=== Raw data ===

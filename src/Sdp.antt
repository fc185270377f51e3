-- ===== src/Sdp.antt =====
-- `Sdp` of module05_signaling/src/sdp.cpp and include/sig/sdp.h: session descriptions written and read by
-- lines. Of the standard library, `getline`, `>>` and `stoi` are read in the "C" locale. A stream is what
-- is left of its text, and nothing after the end or a failure, when every further `>>` fails.
pub mod Lines
pub mod Digits
pub mod Numbers
pub mod Media
pub mod Attributes
pub mod RoundTrip
mod Examples
use cpp_meet.Common.{
  ℕ, zero, suc, ◌+◌, ◌-◌, ◌%◌, ◌^◌, Bool, true, false, List, [], ◌∷◌, ◌++◌, ◌==◌, ltb, leb,
  if◌then◌else◌, length, take, drop, Option, none, some,
}
use cpp_meet.Common.Decimal.{decimal, int_text, is_space, read_number, skip_spaces}
use cpp_meet.Common.Text.{codes, find, starts_with}
use cpp_meet.Wire.{Bytes}

pub record SdpMedia : Type 0 where
  pub type : Bytes
  pub port : ℕ
  pub proto : Bytes
  pub fmts : List ℕ
  pub fingerprint : Bytes
  pub ice_ufrag : Bytes
  pub ice_pwd : Bytes
  pub candidate : Bytes
  pub rtpmap : List (ℕ × Bytes)

pub record Sdp : Type 0 where
  pub version : Bytes
  pub origin : Bytes
  pub session_name : Bytes
  pub media : List SdpMedia

abbrev pub new_sdp : Sdp
new_sdp = record { version = codes "0"; origin = []; session_name = codes "-"; media = [] }

-- A line, in front of the rest of the text.
abbrev pub put : Bytes → Bytes → Bytes
put line rest = line ++ (13 ∷ 10 ∷ rest)

unfoldable pub put_attribute : Bytes → Bytes → Bytes → Bytes
put_attribute name [] rest = rest
put_attribute name (c ∷ cs) rest = put (name ++ (c ∷ cs)) rest

unfoldable pub fmts_text : List ℕ → Bytes
fmts_text [] = []
fmts_text (pt ∷ pts) = 32 ∷ (int_text pt ++ fmts_text pts)

unfoldable pub rtpmap_text : List (ℕ × Bytes) → Bytes → Bytes
rtpmap_text [] rest = rest
rtpmap_text ((pt, codec) ∷ entries) rest =
    put (codes "a=rtpmap:" ++ (int_text pt ++ (32 ∷ codec))) (rtpmap_text entries rest)

unfoldable pub media_value : SdpMedia → Bytes
media_value m = m.type ++ (32 ∷ (decimal m.port ++ (32 ∷ (m.proto ++ fmts_text m.fmts))))

-- The lines of one medium.
unfoldable pub medium_text : SdpMedia → Bytes → Bytes
medium_text m rest = put (codes "m=" ++ media_value m) (
    put_attribute (codes "a=ice-ufrag:") m.ice_ufrag (
      put_attribute (codes "a=ice-pwd:") m.ice_pwd (
        put_attribute (codes "a=fingerprint:") m.fingerprint
          (put_attribute (codes "a=candidate:") m.candidate (rtpmap_text m.rtpmap rest)))))

unfoldable pub media_text : List SdpMedia → Bytes
media_text [] = []
media_text (m ∷ ms) = medium_text m (media_text ms)

unfoldable pub serialize : Sdp → Bytes
serialize s = put (codes "v=" ++ s.version) (
    put (codes "o=" ++ s.origin)
      (put (codes "s=" ++ s.session_name) (put (codes "t=0 0") (media_text s.media))))

-- What `getline` gives, until it gives nothing more.
abbrev pub cons_line : ℕ → List Bytes → List Bytes
cons_line c [] = (c ∷ []) ∷ []
cons_line c (l ∷ ls) = (c ∷ l) ∷ ls

unfoldable pub lines : Bytes → List Bytes
lines [] = []
lines (c ∷ cs) = let later = lines cs in if c == 10 then [] ∷ later else cons_line c later

-- The line without a carriage return at its end.
unfoldable pub chomp : Bytes → Bytes
chomp [] = []
chomp (c ∷ []) = if c == 13 then [] else c ∷ []
chomp (c ∷ d ∷ cs) = c ∷ chomp (d ∷ cs)

-- The stream behind a value: at its end it fails from now on.
abbrev pub left : Bytes → Option Bytes
left [] = none
left (c ∷ cs) = some (c ∷ cs)

unfoldable pub word : Bytes → Bytes × Bytes
word [] = ([], [])
word (c ∷ cs) =
    let (front, rest) = word cs in if is_space c then ([], c ∷ cs) else (c ∷ front, rest)

-- `>>` into an empty string.
unfoldable pub read_word : Option Bytes → Bytes × Option Bytes
read_word none = ([], none)
read_word (some text) = let (front, rest) = word (skip_spaces text) in (front, left rest)

-- `>>` into a `uint16_t` that is 0.
unfoldable pub port_of : Option (Bool × (ℕ × Bytes)) → ℕ × Option Bytes
port_of none = (0, none)
port_of (some (negative, (magnitude, rest))) =
    if ltb 65535 magnitude
    then (65535, none)
    else (if negative then (2 ^ 16 - magnitude) % 2 ^ 16 else magnitude, left rest)

unfoldable pub read_port : Option Bytes → ℕ × Option Bytes
read_port none = (0, none)
read_port (some text) = port_of (read_number (skip_spaces text))

-- `>>` into an `int`, if it does not fail.
unfoldable pub int_of : Option (Bool × (ℕ × Bytes)) → Option (ℕ × Option Bytes)
int_of none = none
int_of (some (negative, (magnitude, rest))) =
    if negative
    then (if ltb (2 ^ 31) magnitude then none else some ((2 ^ 32 - magnitude) % 2 ^ 32, left rest))
    else if leb (2 ^ 31) magnitude
    then none
    else some (magnitude, left rest)

unfoldable pub read_int : Option Bytes → Option (ℕ × Option Bytes)
read_int none = none
read_int (some text) = int_of (read_number (skip_spaces text))

-- `while (ms >> pt)`: a number takes a byte at least, so that the length of the text is fuel enough.
unfoldable pub read_fmts : ℕ → Option Bytes → List ℕ
read_fmts zero stream = []
read_fmts (suc fuel) stream = elim (read_int stream) [
  | none ↦ []
  | some (pt, rest) ↦ pt ∷ read_fmts fuel rest
]

-- An `m=` line.
unfoldable pub read_media : Bytes → SdpMedia
read_media value =
    let (type, behind_type) = read_word (some value) in
    let (port, behind_port) = read_port behind_type in
    let (proto, behind_proto) = read_word behind_port in
    record {
      type = type;
      port = port;
      proto = proto;
      fmts = read_fmts (length value) behind_proto;
      fingerprint = [];
      ice_ufrag = [];
      ice_pwd = [];
      candidate = [];
      rtpmap = [];
    }

-- `stoi`, which throws where this is `none`; it reads like `>>`.
unfoldable pub stoi : Bytes → Option ℕ
stoi text = elim (read_int (some text)) [ none ↦ none | some (v, rest) ↦ some v ]

unfoldable pub add_rtpmap : SdpMedia → Bytes → Option ℕ → Option SdpMedia
add_rtpmap m codec none = none
add_rtpmap m codec (some pt) = some (record m { rtpmap = m.rtpmap ++ ((pt, codec) ∷ []) })

unfoldable pub read_rtpmap : SdpMedia → Bytes → Option ℕ → Option SdpMedia
read_rtpmap m rest none = some m
read_rtpmap m rest (some sp) = add_rtpmap m (drop (sp + 1) rest) (stoi (take sp rest))

-- An `a=` line behind an `m=` line; `none` is an exception.
unfoldable pub read_attribute : Bytes → SdpMedia → Option SdpMedia
read_attribute value m =
    if starts_with (codes "rtpmap:") value
    then read_rtpmap m (drop 7 value) (find (32 ∷ []) (drop 7 value) 0)
    else if starts_with (codes "fingerprint:") value
    then some (record m { fingerprint = drop 12 value })
    else if starts_with (codes "ice-ufrag:") value
    then some (record m { ice_ufrag = drop 10 value })
    else if starts_with (codes "ice-pwd:") value
    then some (record m { ice_pwd = drop 8 value })
    else if starts_with (codes "candidate:") value
    then some (if ltb 0 (length m.candidate) then m else record m { candidate = drop 10 value })
    else some m

-- `cur_media` is the last one, and null where there is none.
unfoldable pub cur_media : (SdpMedia → Option SdpMedia) → List SdpMedia → Option (List SdpMedia)
cur_media f [] = some []
cur_media f (m ∷ []) = elim (f m) [ none ↦ none | some n ↦ some (n ∷ []) ]
cur_media f (m ∷ n ∷ ms) = elim (cur_media f (n ∷ ms)) [
  | none ↦ none
  | some later ↦ some (m ∷ later)
]

abbrev pub with_media : Sdp → Option (List SdpMedia) → Option Sdp
with_media s none = none
with_media s (some ms) = some (record s { media = ms })

unfoldable pub read_field : ℕ → Bytes → Sdp → Option Sdp
read_field c value s =
    if c == b'v'
    then some (record s { version = value })
    else if c == b'o'
    then some (record s { origin = value })
    else if c == b's'
    then some (record s { session_name = value })
    else if c == b'm'
    then some (record s { media = s.media ++ (read_media value ∷ []) })
    else if c == b'a'
    then with_media s (cur_media (read_attribute value) s.media)
    else some s

unfoldable pub read_line : Bytes → Sdp → Option Sdp
read_line [] s = some s
read_line (c ∷ []) s = some s
read_line (c ∷ d ∷ value) s = if d == b'=' then read_field c value s else some s

unfoldable pub read_lines : List Bytes → Sdp → Option Sdp
read_lines [] s = some s
read_lines (l ∷ ls) s = elim (read_line (chomp l) s) [ none ↦ none | some t ↦ read_lines ls t ]

-- The result is an `Sdp` always; `none` is an exception of `stoi`.
unfoldable pub parse : Bytes → Option Sdp
parse text = read_lines (lines text) new_sdp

===

• _Prompt_
Take the line with "unfoldable pub read_line : Bytes" and every line after it in the data, and please reproduce them exactly, leaving out all other lines.

• _Solution for this task_
unfoldable pub read_line : Bytes → Sdp → Option Sdp
read_line [] s = some s
read_line (c ∷ []) s = some s
read_line (c ∷ d ∷ value) s = if d == b'=' then read_field c value s else some s

unfoldable pub read_lines : List Bytes → Sdp → Option Sdp
read_lines [] s = some s
read_lines (l ∷ ls) s = elim (read_line (chomp l) s) [ none ↦ none | some t ↦ read_lines ls t ]

-- The result is an `Sdp` always; `none` is an exception of `stoi`.
unfoldable pub parse : Bytes → Option Sdp
parse text = read_lines (lines text) new_sdp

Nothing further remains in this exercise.